If the initial burst really is the forward pass time, it is substantially less than 0.44 seconds. Can anyone explain the discrepancy between these results? Is it a mistake with the benchmarking app or is the timeline tool not capturing the full picture? Additionally, there are a couple of GPU operations before the first large burst that we cannot really explain. Any insight into this would be very much appreciated!
TensorFlow has undergone a number of significant performance improvements since TF 0.12.1. If you are interested in solid performance numbers, please use the latest version of TensorFlow, or version 1.2 when it is released.
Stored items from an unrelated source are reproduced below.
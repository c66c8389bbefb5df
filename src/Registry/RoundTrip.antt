-- ===== src/Registry/RoundTrip.antt =====
-- Version constraints of contracts/router-registry/src/lib.rs, printed and read.
use stellar_router.Prelude.{
  ℕ, zero, suc, ◌+◌, ◌*◌, ◌<◌, ◌≤◌, ◌++◌, Bool, true, false, not, ◌≡◌, refl, sym, ap, ◌∙◌, inl, inr,
  arith, Option, none, some, [], ◌∷◌, length, length-append, ltb, ◌==◌, if◌then◌else◌, Bool-cases,
  All, All-append, All-mono,
}
use Prim.Native.Nat.{◌/◌, ◌%◌}
use mathlib.Core.Path.{subst}
use stellar_router.Prelude.Words.{u32_max}
use stellar_router.Common.{ok, ◌>>=◌, ◌>>◌, ok_or, fail_if}
use stellar_router.Registry
use stellar_router.Registry.{
  Name, RegistryError, Call, ConstraintOperator, gte, lte, gt, lt, caret, tilde, exact,
}
use stellar_router.Registry.Constraint.{
  Bytes, lead, utf8_from, constraint_str_buf, parse_digits, parse_unsigned, parse_u32,
  split_operator, parse_constraint, validate_constraint, satisfies, version_matches_constraint,
}
use stellar_router.Registry.Lookup.{get_latest_with_constraint}
use stellar_router.Registry.Invariant.{IsValid}
use stellar_router.Registry.Latest.{Selects, constrained-Selects}

abbrev State : Type 0
State = Registry.Registry

-- The decimal digits of a number, before `out`, at most `places` of them.
unfoldable pub digits : ℕ → ℕ → Bytes → Bytes
digits zero n out = out
digits (suc places) n out =
    let more = digits places (n / 10) ((b'0' + n % 10) ∷ out) in
    if ltb n 10 then (b'0' + n % 10) ∷ out else more

-- The numbers with at most that many digits are below this one.
abbrev limit : ℕ → ℕ
limit zero = 1
limit (suc places) = 10 * limit places

unfoldable pub print_u32 : ℕ → Bytes
unfolding digits
print_u32 n = digits 10 n []

abbrev pub print_operator : ConstraintOperator → Bytes
print_operator gte = b'>' ∷ b'=' ∷ []
print_operator lte = b'<' ∷ b'=' ∷ []
print_operator gt = b'>' ∷ []
print_operator lt = b'<' ∷ []
print_operator caret = b'^' ∷ []
print_operator tilde = b'~' ∷ []
print_operator exact = []

abbrev pub print_constraint : ConstraintOperator → ℕ → Bytes
print_constraint op base = print_operator op ++ print_u32 base

parse_last :
    (n : ℕ) (out : Bytes)
    → n ≤ u32_max
    → parse_digits (n / 10) ((b'0' + n % 10) ∷ out) ≡ parse_digits n out
unfolding parse_digits
parse_last n out h = ground arith

parse_digits-digits :
    (places n : ℕ) (out : Bytes)
    → n < limit places
    → n ≤ u32_max
    → parse_digits 0 (digits places n out) ≡ parse_digits n out
unfolding digits
parse_digits-digits zero n out f h = ap (λ k. parse_digits k out) {x = 0} {y = n} (omega arith)
parse_digits-digits (suc places) n out f h = elim (Bool-cases (ltb n 10)) [
  | inl t ↦
      ap (parse_digits 0) {y = (b'0' + n % 10) ∷ out} (ground arith)
      ∙ ap (λ k. parse_digits k ((b'0' + n % 10) ∷ out)) {x = 0} {y = n / 10} (ground arith)
      ∙ parse_last n out h
  | inr b ↦
      ap (parse_digits 0) {y = digits places (n / 10) ((b'0' + n % 10) ∷ out)} (ground arith)
      ∙ parse_digits-digits places (n / 10) ((b'0' + n % 10) ∷ out) (omega arith) (omega arith)
      ∙ parse_last n out h
]

-- The digits are digits, and there is one of them at least.
abbrev IsDigit : ℕ → Type 0
IsDigit b = (b'0' ≤ b) × (b ≤ b'9')

digits-IsDigit : (places n : ℕ) (out : Bytes) → All IsDigit out → All IsDigit (digits places n out)
unfolding digits
digits-IsDigit zero n out h = h
digits-IsDigit (suc places) n out h = elim (Bool-cases (ltb n 10)) [
  | inl t ↦ subst (All IsDigit) {x = (b'0' + n % 10) ∷ out} (ground arith) (omega arith, h)
  | inr b ↦
      subst (All IsDigit) {x = digits places (n / 10) ((b'0' + n % 10) ∷ out)} (ground arith)
        (digits-IsDigit places (n / 10) ((b'0' + n % 10) ∷ out) (omega arith, h))
]

length-digits : (places n : ℕ) (out : Bytes) → length (digits places n out) ≤ places + length out
unfolding digits
length-digits zero n out = omega arith
length-digits (suc places) n out =
    ground (arith, length-digits places (n / 10) ((b'0' + n % 10) ∷ out))

abbrev IsHead : Bytes → Type 0
IsHead bs = (c : ℕ) × (rest : Bytes) × (bs ≡ c ∷ rest)

digits-IsHead : (places n : ℕ) (out : Bytes) → IsHead out → IsHead (digits places n out)
unfolding digits
digits-IsHead zero n out h = h
digits-IsHead (suc places) n out h = elim (Bool-cases (ltb n 10)) [
  | inl t ↦ (b'0' + n % 10, out, ground arith)
  | inr b ↦
      let (c, rest, e) =
        digits-IsHead places (n / 10) ((b'0' + n % 10) ∷ out) (b'0' + n % 10, out, refl) in
      (c, rest, ground arith)
]

print_u32-IsHead : (n : ℕ) → IsHead (print_u32 n)
unfolding print_u32 digits
print_u32-IsHead n = elim (Bool-cases (ltb n 10)) [
  | inl t ↦ (b'0' + n % 10, [], ground arith)
  | inr b ↦
      let (c, rest, e) =
        digits-IsHead 9 (n / 10) ((b'0' + n % 10) ∷ []) (b'0' + n % 10, [], refl) in
      (c, rest, ground arith)
]

parse_u32-digit :
    (c : ℕ) (rest : Bytes) → IsDigit c → parse_u32 (c ∷ rest) ≡ parse_digits 0 (c ∷ rest)
unfolding parse_u32 parse_unsigned
parse_u32-digit c rest d =
    ap (λ b. if b then parse_unsigned rest else parse_digits 0 (c ∷ rest)) {x = c == b'+'}
      {y = false} (ground arith)

print_u32-digits : (n : ℕ) → print_u32 n ≡ digits 10 n []
unfolding print_u32
print_u32-digits n = refl

print_u32-IsDigit : (n : ℕ) → All IsDigit (print_u32 n)
unfolding print_u32
print_u32-IsDigit n = digits-IsDigit 10 n [] tt

parse_u32-print_u32 : (n : ℕ) → n ≤ u32_max → parse_u32 (print_u32 n) ≡ some n
unfolding parse_digits
parse_u32-print_u32 n h =
    let (c, rest, e) = print_u32-IsHead n in
    let d : All IsDigit (c ∷ rest) = subst (All IsDigit) e (print_u32-IsDigit n) in
    ap parse_u32 e
    ∙ parse_u32-digit c rest d.0
    ∙ ap (parse_digits 0) (sym e ∙ print_u32-digits n)
    ∙ parse_digits-digits 10 n [] (omega arith) h

split_digit :
    (op : ConstraintOperator) (c : ℕ) (rest : Bytes)
    → IsDigit c
    → split_operator (print_operator op ++ c ∷ rest) ≡ (op, c ∷ rest)
unfolding split_operator
split_digit gte c rest d = refl
split_digit lte c rest d = refl
split_digit gt c rest d = ground arith
split_digit lt c rest d = ground arith
split_digit caret c rest d = refl
split_digit tilde c rest d = refl
split_digit exact c [] d = ground arith
split_digit exact c (b ∷ rest) d = ground arith

split_operator-print_constraint :
    (op : ConstraintOperator) (n : ℕ) → split_operator (print_constraint op n) ≡ (op, print_u32 n)
split_operator-print_constraint op n =
    let (c, rest, e) = print_u32-IsHead n in
    let d : All IsDigit (c ∷ rest) = subst (All IsDigit) e (print_u32-IsDigit n) in
    ap (λ bs. split_operator (print_operator op ++ bs)) e
    ∙ split_digit op c rest d.0
    ∙ ap {B = ConstraintOperator × Bytes} (λ (bs : Bytes). (op, bs)) (sym e)

-- A constraint that is printed as an operator and the decimal digits of a 32-bit base, without leading
-- zeros, is parsed back to that operator and that base.
pub parse_constraint-print_constraint :
    (op : ConstraintOperator) (base : ℕ)
    → base ≤ u32_max
    → parse_constraint (print_constraint op base) ≡ ok (op, base)
unfolding parse_constraint
parse_constraint-print_constraint op base h =
    let read : ConstraintOperator × Bytes → Call (ConstraintOperator × ℕ) = λ q.
      ok_or (parse_u32 q.1) RegistryError.invalid_constraint >>= λ (value : ℕ). ok (q.0, value) in
    ap read (split_operator-print_constraint op base)
    ∙ ap (λ o. ok_or o RegistryError.invalid_constraint >>= λ (value : ℕ). ok (op, value))
        (parse_u32-print_u32 base h)

-- Bytes of ASCII.
abbrev IsAscii : ℕ → Type 0
IsAscii b = b < 0x80

lead-ascii : (b : ℕ) → IsAscii b → lead b ≡ some (0, 0, 0)
lead-ascii b h = ground arith

utf8_from-ascii : (bs : Bytes) → All IsAscii bs → utf8_from 0 0 0 bs ≡ true
unfolding utf8_from
utf8_from-ascii [] h = refl
utf8_from-ascii (b ∷ bs) h =
    let after : Option (ℕ × ℕ × ℕ) → Bool =
      λ o. elim o [ none ↦ false | some (n, lo, hi) ↦ utf8_from n lo hi bs ] in
    ap after (lead-ascii b h.0) ∙ utf8_from-ascii bs h.1

print_operator-IsAscii : (op : ConstraintOperator) → All IsAscii (print_operator op)
print_operator-IsAscii gte = omega arith
print_operator-IsAscii lte = omega arith
print_operator-IsAscii gt = omega arith
print_operator-IsAscii lt = omega arith
print_operator-IsAscii caret = omega arith
print_operator-IsAscii tilde = omega arith
print_operator-IsAscii exact = tt

print_constraint-IsAscii : (op : ConstraintOperator) (n : ℕ) → All IsAscii (print_constraint op n)
print_constraint-IsAscii op n =
    All-append IsAscii (print_operator op) (print_u32 n) (print_operator-IsAscii op)
      (All-mono IsDigit IsAscii (print_u32 n) (λ b d. omega arith) (print_u32-IsDigit n))

length-print_operator : (op : ConstraintOperator) → length (print_operator op) ≤ 2
length-print_operator gte = omega arith
length-print_operator lte = omega arith
length-print_operator gt = omega arith
length-print_operator lt = omega arith
length-print_operator caret = omega arith
length-print_operator tilde = omega arith
length-print_operator exact = omega arith

length-print_constraint :
    (op : ConstraintOperator) (n : ℕ) → ltb 32 (length (print_constraint op n)) ≡ false
unfolding print_u32
length-print_constraint op n = ground (
  arith,
  length-append (print_operator op) (print_u32 n),
  length-print_operator op,
  length-digits 10 n [],
)

constraint_str_buf-print_constraint :
    (op : ConstraintOperator) (n : ℕ)
    → constraint_str_buf (print_constraint op n) ≡ ok (print_constraint op n)
unfolding constraint_str_buf
constraint_str_buf-print_constraint op n =
    let bs : Bytes = print_constraint op n in
    let e : RegistryError = RegistryError.invalid_constraint in
    ap (λ b. fail_if b e >> (fail_if (not (utf8_from 0 0 0 bs)) e >> ok bs))
      (length-print_constraint op n)
    ∙ ap (λ b. fail_if (not b) e >> ok bs) (utf8_from-ascii bs (print_constraint-IsAscii op n))

module _ (op : ConstraintOperator) (base : ℕ) (h : base ≤ u32_max) where
  abbrev text : Bytes
  text = print_constraint op base

  validate_constraint-print_constraint : validate_constraint text ≡ ok tt
  unfolding validate_constraint
  validate_constraint-print_constraint =
      ap (λ m. m >>= λ (bs : Bytes). parse_constraint bs >>= λ (p : ConstraintOperator × ℕ). ok tt)
        (constraint_str_buf-print_constraint op base)
      ∙ ap (λ m. m >>= λ (p : ConstraintOperator × ℕ). ok tt)
          (parse_constraint-print_constraint op base h)

  version_matches-print_constraint :
      (v : ℕ) → version_matches_constraint v text ≡ ok (satisfies op base v)
  unfolding version_matches_constraint
  version_matches-print_constraint v =
      ap
        (λ m. m >>= λ (bs : Bytes).
          parse_constraint bs >>= λ (p : ConstraintOperator × ℕ). ok (satisfies p.0 p.1 v))
        (constraint_str_buf-print_constraint op base)
      ∙ ap (λ m. m >>= λ (p : ConstraintOperator × ℕ). ok (satisfies p.0 p.1 v))
          (parse_constraint-print_constraint op base h)

-- On a well-formed storage `get_latest_with_constraint`, given the text of an operator and a 32-bit base,
-- gives the registered entry of the name with the greatest version that satisfies the operator against
-- the base and is not deprecated; or it fails with `AllVersionsDeprecated`, and then a registered
-- version satisfies it and all that do are deprecated; or it fails with `NotFound`, and then no
-- registered version satisfies it.
pub get_latest_with_constraint-Selects :
    (s : State) (name : Name) (op : ConstraintOperator) (base : ℕ)
    → IsValid s
    → base ≤ u32_max
    → Selects s name
        (satisfies op base)
        (get_latest_with_constraint s name (some (print_constraint op base)))
get_latest_with_constraint-Selects s name op base w h =
    constrained-Selects s name w (print_constraint op base) (satisfies op base)
      (validate_constraint-print_constraint op base h) (version_matches-print_constraint op base h)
If you would like to work from a high-performance model as a starting point, I strongly recommend working from https://github.com/tensorflow/benchmarks which include an Inception-v3 model.
As for trying to understand the detailed performance of a single step, I recommend instrumenting the C++ TensorFlow runtime. (The overhead from within Python can be significant, and could introduce uncertainty in your measurements.)
Additionally, it's important to run the experiment a number of iterations to allow the system to "warm up" and fully initialize.
One thing to note: if you are trying to tune your model, be sure to avoid setting allow_soft_placement=True. For now, it's better to ensure that all operations you expect are truly placed on the GPUs. You can confirm by looking at the log output controlled by the log_device_placement parameter.